▶ _Your objective_
The output is the lines below from the one with "-- How an attempt's" through the one with "retries ((now, committed)", both included, printed exactly and with no other line.

[Collected data]
____________________
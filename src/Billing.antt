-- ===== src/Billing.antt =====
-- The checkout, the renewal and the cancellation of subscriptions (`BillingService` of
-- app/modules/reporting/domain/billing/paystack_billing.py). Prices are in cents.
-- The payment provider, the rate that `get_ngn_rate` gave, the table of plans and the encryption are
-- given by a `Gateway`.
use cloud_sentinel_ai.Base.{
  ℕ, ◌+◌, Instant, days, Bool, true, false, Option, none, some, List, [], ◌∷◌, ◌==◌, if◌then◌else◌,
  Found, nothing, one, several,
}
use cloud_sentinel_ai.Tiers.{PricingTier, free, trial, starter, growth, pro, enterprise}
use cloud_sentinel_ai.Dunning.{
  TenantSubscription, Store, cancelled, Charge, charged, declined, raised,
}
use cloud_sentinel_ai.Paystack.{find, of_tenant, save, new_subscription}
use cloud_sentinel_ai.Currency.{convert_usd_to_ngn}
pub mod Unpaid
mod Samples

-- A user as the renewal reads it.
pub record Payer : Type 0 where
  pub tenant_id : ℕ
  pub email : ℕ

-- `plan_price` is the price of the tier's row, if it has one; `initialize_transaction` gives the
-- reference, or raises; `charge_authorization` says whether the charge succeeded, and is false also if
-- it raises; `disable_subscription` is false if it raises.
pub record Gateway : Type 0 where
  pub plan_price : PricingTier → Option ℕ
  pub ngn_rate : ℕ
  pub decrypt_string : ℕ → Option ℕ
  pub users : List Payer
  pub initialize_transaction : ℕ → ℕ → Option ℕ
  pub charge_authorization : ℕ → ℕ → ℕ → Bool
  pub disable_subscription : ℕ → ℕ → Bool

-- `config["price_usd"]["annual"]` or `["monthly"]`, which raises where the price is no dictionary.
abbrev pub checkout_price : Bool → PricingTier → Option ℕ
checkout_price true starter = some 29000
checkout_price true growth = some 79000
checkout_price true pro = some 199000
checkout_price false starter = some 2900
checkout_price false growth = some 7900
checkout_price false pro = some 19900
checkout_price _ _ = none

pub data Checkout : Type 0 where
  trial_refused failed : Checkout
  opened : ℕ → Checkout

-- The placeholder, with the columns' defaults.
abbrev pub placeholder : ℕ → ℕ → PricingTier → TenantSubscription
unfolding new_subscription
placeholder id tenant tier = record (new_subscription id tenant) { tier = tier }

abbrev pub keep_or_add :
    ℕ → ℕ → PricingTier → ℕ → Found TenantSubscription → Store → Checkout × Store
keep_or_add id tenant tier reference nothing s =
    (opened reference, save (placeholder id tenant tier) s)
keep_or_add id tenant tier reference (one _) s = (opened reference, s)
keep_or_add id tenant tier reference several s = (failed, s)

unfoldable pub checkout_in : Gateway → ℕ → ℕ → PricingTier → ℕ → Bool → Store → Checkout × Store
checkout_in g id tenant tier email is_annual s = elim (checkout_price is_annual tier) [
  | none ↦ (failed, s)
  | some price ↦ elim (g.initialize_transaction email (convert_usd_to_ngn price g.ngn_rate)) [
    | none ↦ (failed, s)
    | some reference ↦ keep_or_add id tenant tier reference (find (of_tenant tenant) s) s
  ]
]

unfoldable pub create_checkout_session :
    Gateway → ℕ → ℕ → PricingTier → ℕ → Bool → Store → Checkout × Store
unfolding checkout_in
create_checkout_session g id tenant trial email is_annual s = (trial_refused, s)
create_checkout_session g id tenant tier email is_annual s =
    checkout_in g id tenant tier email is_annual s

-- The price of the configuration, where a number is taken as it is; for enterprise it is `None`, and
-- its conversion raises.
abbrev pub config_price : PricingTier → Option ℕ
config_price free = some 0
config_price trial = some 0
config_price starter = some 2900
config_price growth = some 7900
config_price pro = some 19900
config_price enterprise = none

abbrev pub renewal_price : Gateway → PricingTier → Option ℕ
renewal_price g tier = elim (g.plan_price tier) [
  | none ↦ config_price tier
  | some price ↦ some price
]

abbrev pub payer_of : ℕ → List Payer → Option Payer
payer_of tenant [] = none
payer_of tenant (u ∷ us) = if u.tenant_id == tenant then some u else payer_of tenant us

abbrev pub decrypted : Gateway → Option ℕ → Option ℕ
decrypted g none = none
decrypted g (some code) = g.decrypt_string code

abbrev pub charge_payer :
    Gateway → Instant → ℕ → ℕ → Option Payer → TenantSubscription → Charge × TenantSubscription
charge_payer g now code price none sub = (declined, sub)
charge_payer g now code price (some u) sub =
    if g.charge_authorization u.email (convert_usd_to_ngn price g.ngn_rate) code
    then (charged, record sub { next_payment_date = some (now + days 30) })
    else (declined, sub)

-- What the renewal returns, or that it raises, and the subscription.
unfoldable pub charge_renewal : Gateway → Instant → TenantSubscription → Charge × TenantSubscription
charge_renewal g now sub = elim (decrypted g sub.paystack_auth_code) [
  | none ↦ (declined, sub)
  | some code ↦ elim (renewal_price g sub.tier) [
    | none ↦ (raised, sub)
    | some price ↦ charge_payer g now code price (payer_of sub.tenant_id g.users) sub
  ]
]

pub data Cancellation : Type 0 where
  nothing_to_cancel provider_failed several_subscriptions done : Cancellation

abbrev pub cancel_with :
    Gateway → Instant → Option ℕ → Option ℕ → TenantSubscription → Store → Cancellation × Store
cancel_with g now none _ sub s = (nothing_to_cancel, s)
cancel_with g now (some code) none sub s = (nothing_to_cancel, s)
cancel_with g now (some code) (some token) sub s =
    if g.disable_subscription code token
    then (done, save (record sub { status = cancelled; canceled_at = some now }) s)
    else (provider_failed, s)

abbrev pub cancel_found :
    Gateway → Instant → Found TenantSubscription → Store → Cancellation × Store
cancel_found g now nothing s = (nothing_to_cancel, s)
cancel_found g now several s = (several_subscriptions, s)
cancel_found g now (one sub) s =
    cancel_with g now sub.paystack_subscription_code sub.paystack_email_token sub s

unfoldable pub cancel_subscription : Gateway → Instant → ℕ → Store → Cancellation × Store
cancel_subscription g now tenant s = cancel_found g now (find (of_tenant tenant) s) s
____________________
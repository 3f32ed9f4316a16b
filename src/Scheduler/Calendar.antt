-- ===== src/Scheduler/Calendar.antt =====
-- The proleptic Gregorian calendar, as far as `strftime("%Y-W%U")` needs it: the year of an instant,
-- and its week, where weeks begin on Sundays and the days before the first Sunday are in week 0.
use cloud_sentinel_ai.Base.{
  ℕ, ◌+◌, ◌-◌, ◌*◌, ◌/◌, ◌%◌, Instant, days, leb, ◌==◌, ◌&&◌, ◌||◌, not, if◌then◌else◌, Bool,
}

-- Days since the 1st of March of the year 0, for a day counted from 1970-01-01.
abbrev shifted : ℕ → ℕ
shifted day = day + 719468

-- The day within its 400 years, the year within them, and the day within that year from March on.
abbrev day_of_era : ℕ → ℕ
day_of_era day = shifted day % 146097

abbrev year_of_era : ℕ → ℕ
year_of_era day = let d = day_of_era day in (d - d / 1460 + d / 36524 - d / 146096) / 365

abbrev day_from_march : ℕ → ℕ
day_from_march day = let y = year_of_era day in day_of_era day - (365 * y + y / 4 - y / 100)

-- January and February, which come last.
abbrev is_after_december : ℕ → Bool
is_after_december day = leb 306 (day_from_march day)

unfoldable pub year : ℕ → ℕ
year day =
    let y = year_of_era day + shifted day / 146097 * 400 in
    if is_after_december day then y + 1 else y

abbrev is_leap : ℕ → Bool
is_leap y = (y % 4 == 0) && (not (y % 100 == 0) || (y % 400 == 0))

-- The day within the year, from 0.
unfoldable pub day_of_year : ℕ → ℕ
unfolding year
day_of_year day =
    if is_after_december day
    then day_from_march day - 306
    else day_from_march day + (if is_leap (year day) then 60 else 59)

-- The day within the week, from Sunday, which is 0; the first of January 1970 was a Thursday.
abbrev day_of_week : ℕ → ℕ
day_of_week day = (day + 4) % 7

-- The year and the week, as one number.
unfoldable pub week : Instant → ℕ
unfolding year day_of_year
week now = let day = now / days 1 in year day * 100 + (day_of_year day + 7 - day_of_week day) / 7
____________________
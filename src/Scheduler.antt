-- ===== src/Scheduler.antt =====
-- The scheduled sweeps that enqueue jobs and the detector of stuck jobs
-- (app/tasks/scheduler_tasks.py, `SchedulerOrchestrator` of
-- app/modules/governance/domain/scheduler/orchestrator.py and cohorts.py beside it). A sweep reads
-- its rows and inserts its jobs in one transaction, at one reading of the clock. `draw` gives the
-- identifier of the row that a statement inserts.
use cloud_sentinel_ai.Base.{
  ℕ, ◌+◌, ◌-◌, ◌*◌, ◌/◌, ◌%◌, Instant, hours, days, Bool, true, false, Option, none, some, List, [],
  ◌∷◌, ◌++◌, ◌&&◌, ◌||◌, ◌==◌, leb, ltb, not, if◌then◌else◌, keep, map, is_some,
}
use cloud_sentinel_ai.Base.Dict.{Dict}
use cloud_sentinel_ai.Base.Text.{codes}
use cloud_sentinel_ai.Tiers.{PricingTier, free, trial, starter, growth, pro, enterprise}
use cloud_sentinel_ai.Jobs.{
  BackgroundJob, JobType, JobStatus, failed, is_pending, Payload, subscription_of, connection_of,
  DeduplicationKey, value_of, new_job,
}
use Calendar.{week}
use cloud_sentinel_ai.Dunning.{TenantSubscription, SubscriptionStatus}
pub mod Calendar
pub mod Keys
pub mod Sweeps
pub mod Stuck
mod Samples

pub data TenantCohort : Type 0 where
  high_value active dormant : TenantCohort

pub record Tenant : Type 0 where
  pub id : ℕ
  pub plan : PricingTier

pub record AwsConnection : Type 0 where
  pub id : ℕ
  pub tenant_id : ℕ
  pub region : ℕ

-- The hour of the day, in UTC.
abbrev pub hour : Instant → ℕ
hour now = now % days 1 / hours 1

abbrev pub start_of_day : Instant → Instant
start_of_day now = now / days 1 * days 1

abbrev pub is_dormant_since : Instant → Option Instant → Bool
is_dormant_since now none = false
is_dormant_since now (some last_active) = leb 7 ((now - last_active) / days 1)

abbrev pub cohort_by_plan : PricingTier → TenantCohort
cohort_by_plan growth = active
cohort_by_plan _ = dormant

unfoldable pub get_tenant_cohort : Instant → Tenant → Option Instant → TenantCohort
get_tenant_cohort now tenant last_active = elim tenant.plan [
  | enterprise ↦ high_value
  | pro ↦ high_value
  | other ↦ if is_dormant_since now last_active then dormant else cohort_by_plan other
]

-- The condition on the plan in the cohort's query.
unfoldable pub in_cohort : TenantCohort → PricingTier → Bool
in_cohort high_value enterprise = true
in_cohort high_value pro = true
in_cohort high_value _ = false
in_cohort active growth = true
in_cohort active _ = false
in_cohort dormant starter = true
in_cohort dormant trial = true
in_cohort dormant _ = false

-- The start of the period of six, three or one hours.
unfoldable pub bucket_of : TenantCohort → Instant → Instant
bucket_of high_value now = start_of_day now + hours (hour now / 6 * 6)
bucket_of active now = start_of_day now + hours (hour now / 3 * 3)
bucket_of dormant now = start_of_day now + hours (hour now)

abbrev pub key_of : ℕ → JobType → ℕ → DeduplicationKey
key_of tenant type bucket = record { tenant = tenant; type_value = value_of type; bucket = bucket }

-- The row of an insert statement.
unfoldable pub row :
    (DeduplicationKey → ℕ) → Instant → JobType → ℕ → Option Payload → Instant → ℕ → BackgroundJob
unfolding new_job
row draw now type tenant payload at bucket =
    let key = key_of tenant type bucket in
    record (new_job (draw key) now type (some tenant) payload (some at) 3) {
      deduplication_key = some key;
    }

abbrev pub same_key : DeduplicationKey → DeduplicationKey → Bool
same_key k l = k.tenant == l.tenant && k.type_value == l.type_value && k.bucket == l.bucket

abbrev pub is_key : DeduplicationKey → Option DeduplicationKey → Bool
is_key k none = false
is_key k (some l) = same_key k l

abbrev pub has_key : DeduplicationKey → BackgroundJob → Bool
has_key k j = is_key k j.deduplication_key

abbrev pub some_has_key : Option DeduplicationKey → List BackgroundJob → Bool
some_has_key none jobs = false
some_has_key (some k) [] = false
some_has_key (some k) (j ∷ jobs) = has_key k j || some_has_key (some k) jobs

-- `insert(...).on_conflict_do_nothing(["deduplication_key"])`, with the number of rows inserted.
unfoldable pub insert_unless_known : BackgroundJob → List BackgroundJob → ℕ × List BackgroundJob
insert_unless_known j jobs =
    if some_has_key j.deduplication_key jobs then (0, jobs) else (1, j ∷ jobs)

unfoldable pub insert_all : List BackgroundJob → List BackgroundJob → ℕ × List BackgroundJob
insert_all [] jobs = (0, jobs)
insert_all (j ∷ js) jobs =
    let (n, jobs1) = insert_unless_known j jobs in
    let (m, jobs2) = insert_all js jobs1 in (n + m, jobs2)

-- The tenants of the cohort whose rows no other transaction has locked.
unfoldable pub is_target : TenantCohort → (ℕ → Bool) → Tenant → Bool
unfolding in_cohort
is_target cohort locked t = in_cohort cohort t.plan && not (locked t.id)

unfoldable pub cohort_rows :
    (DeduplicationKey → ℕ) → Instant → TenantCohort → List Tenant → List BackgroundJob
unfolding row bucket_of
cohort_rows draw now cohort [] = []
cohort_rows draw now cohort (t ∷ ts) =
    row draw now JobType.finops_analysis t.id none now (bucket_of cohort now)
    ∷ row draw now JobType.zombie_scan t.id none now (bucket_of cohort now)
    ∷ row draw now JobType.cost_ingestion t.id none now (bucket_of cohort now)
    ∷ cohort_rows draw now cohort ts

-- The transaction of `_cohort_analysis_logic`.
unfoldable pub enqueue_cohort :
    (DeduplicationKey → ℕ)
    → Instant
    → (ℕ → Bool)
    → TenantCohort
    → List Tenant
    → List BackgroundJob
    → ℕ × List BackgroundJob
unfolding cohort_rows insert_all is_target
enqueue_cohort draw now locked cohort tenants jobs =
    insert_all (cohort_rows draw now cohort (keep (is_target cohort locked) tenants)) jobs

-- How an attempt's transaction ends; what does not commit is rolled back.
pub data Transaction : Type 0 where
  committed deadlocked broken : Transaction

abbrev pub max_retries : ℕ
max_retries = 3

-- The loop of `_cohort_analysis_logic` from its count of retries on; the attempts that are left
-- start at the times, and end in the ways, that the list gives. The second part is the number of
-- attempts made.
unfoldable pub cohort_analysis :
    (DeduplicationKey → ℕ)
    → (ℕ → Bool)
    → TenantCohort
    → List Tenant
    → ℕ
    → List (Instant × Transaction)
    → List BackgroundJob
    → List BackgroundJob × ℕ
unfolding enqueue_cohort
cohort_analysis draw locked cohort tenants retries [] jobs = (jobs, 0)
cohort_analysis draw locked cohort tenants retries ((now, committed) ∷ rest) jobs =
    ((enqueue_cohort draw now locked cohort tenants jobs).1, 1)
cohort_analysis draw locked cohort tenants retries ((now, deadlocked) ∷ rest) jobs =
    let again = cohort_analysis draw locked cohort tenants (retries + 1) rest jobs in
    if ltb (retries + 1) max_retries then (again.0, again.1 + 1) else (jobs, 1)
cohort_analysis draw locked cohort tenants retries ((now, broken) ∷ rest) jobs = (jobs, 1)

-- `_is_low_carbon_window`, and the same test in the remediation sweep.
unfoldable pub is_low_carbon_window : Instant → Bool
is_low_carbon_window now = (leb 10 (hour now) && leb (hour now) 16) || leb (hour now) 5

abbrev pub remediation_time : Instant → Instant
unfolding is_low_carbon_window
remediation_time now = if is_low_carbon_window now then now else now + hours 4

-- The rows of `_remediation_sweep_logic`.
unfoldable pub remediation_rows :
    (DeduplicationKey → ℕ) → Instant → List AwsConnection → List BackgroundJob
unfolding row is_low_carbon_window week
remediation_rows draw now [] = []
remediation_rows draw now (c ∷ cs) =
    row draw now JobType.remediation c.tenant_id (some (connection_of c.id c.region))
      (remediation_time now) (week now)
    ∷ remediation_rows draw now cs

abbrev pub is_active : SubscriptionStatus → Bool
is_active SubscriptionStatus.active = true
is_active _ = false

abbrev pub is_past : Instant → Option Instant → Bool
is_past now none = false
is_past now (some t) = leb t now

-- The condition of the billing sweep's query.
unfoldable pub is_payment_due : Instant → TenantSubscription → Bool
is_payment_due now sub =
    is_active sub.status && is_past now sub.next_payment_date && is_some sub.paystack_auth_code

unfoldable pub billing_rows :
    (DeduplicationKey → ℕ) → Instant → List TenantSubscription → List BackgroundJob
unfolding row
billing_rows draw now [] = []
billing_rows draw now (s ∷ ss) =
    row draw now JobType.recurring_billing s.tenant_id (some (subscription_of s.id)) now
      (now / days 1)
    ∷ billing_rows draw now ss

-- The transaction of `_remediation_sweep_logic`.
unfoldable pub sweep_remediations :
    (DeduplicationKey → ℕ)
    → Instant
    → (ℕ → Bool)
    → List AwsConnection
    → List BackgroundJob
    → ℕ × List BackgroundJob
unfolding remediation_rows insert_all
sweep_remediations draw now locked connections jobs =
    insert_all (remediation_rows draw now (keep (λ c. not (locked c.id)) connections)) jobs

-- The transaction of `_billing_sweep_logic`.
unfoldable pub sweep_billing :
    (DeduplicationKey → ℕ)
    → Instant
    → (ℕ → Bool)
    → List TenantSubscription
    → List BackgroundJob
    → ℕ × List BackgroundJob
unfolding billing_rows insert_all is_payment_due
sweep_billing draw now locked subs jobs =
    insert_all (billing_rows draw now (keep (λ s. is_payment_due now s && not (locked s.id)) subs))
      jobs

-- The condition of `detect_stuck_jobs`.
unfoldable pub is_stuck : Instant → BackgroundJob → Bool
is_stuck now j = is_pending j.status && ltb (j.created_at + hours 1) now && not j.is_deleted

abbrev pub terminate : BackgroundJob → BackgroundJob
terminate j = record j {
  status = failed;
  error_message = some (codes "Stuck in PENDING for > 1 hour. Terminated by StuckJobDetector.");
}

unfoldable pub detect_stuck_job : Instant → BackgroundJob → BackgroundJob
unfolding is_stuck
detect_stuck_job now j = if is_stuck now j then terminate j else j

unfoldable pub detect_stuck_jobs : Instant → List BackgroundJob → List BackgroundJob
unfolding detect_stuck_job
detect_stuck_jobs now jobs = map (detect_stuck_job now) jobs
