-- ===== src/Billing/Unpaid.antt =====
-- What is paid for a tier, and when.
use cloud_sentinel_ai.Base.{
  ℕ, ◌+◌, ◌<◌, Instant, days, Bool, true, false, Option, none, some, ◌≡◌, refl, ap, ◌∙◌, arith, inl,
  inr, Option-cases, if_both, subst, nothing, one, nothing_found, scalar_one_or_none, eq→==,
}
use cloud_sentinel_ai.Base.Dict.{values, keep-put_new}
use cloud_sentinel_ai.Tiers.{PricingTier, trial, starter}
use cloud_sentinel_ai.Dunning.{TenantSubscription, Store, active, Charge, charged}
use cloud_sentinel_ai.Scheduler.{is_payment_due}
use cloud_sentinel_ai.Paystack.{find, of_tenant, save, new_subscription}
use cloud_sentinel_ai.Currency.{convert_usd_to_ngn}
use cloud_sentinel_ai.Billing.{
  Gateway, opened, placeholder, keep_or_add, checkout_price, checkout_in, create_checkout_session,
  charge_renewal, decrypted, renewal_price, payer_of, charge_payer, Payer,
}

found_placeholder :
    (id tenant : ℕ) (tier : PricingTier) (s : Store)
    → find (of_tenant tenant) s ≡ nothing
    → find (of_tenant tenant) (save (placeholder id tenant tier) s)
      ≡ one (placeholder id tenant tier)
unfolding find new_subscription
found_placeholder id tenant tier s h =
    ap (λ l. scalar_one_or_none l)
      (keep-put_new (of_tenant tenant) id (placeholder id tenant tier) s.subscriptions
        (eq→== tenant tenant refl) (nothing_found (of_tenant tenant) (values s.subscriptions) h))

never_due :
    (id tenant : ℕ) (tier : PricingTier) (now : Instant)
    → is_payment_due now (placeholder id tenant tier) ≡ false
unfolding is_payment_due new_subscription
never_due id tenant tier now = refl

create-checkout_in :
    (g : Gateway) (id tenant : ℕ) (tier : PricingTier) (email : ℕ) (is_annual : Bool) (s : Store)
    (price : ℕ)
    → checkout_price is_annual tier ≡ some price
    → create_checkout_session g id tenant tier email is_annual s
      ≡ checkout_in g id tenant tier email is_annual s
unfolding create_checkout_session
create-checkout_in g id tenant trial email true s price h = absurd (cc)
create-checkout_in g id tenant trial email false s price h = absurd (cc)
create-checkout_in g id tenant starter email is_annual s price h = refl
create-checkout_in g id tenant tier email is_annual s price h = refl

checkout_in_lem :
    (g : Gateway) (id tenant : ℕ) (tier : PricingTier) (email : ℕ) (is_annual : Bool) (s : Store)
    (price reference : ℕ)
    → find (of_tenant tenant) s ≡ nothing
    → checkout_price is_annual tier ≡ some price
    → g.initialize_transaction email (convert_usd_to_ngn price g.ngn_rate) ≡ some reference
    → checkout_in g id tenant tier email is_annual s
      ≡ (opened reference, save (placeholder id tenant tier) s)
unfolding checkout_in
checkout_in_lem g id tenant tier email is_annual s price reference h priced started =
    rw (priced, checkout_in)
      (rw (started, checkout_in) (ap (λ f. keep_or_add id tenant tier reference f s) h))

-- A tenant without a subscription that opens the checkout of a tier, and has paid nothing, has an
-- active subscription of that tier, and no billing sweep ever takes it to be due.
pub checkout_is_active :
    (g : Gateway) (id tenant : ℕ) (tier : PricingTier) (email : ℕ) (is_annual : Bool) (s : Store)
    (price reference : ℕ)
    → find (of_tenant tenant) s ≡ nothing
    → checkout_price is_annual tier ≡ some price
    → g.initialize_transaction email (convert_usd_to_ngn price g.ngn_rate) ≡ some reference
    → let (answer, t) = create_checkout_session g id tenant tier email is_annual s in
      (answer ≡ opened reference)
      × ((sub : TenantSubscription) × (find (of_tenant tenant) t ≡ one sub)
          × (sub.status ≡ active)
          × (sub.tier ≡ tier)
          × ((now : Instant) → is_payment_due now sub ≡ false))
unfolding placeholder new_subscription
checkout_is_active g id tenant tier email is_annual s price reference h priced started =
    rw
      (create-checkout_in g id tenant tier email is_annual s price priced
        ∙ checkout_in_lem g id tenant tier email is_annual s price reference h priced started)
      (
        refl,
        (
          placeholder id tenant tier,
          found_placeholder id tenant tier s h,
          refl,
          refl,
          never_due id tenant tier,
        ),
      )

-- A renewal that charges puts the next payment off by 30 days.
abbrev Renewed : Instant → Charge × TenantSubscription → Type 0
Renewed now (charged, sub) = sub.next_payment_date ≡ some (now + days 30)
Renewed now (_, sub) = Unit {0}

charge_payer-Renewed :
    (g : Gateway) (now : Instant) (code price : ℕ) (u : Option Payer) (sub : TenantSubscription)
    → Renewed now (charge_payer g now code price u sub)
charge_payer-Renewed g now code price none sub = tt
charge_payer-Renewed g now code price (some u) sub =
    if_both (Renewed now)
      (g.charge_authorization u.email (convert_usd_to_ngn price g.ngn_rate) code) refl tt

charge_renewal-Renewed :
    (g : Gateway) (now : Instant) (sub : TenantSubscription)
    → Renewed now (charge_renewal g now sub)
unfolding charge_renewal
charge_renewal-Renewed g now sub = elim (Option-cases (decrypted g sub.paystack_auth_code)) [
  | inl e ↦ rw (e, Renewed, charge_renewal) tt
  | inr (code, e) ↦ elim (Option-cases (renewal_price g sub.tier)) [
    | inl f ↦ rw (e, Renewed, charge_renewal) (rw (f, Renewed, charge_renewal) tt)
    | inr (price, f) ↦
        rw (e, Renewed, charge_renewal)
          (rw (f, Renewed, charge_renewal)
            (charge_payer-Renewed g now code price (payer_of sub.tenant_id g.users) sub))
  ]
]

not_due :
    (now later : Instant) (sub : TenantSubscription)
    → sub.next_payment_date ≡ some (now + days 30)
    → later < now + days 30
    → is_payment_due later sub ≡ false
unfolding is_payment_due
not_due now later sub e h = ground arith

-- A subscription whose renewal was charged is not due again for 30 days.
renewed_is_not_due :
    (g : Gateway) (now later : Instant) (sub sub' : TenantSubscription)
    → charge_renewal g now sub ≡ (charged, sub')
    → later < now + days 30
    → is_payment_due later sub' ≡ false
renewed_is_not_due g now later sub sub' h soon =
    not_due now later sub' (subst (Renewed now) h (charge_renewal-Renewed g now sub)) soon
____________________
▶ _Written solution_
-- How an attempt's transaction ends; what does not commit is rolled back.
pub data Transaction : Type 0 where
  committed deadlocked broken : Transaction

abbrev pub max_retries : ℕ
max_retries = 3

-- The loop of `_cohort_analysis_logic` from its count of retries on; the attempts that are left
-- start at the times, and end in the ways, that the list gives. The second part is the number of
-- attempts made.
unfoldable pub cohort_analysis :
    (DeduplicationKey → ℕ)
    → (ℕ → Bool)
    → TenantCohort
    → List Tenant
    → ℕ
    → List (Instant × Transaction)
    → List BackgroundJob
    → List BackgroundJob × ℕ
unfolding enqueue_cohort
cohort_analysis draw locked cohort tenants retries [] jobs = (jobs, 0)
cohort_analysis draw locked cohort tenants retries ((now, committed) ∷ rest) jobs =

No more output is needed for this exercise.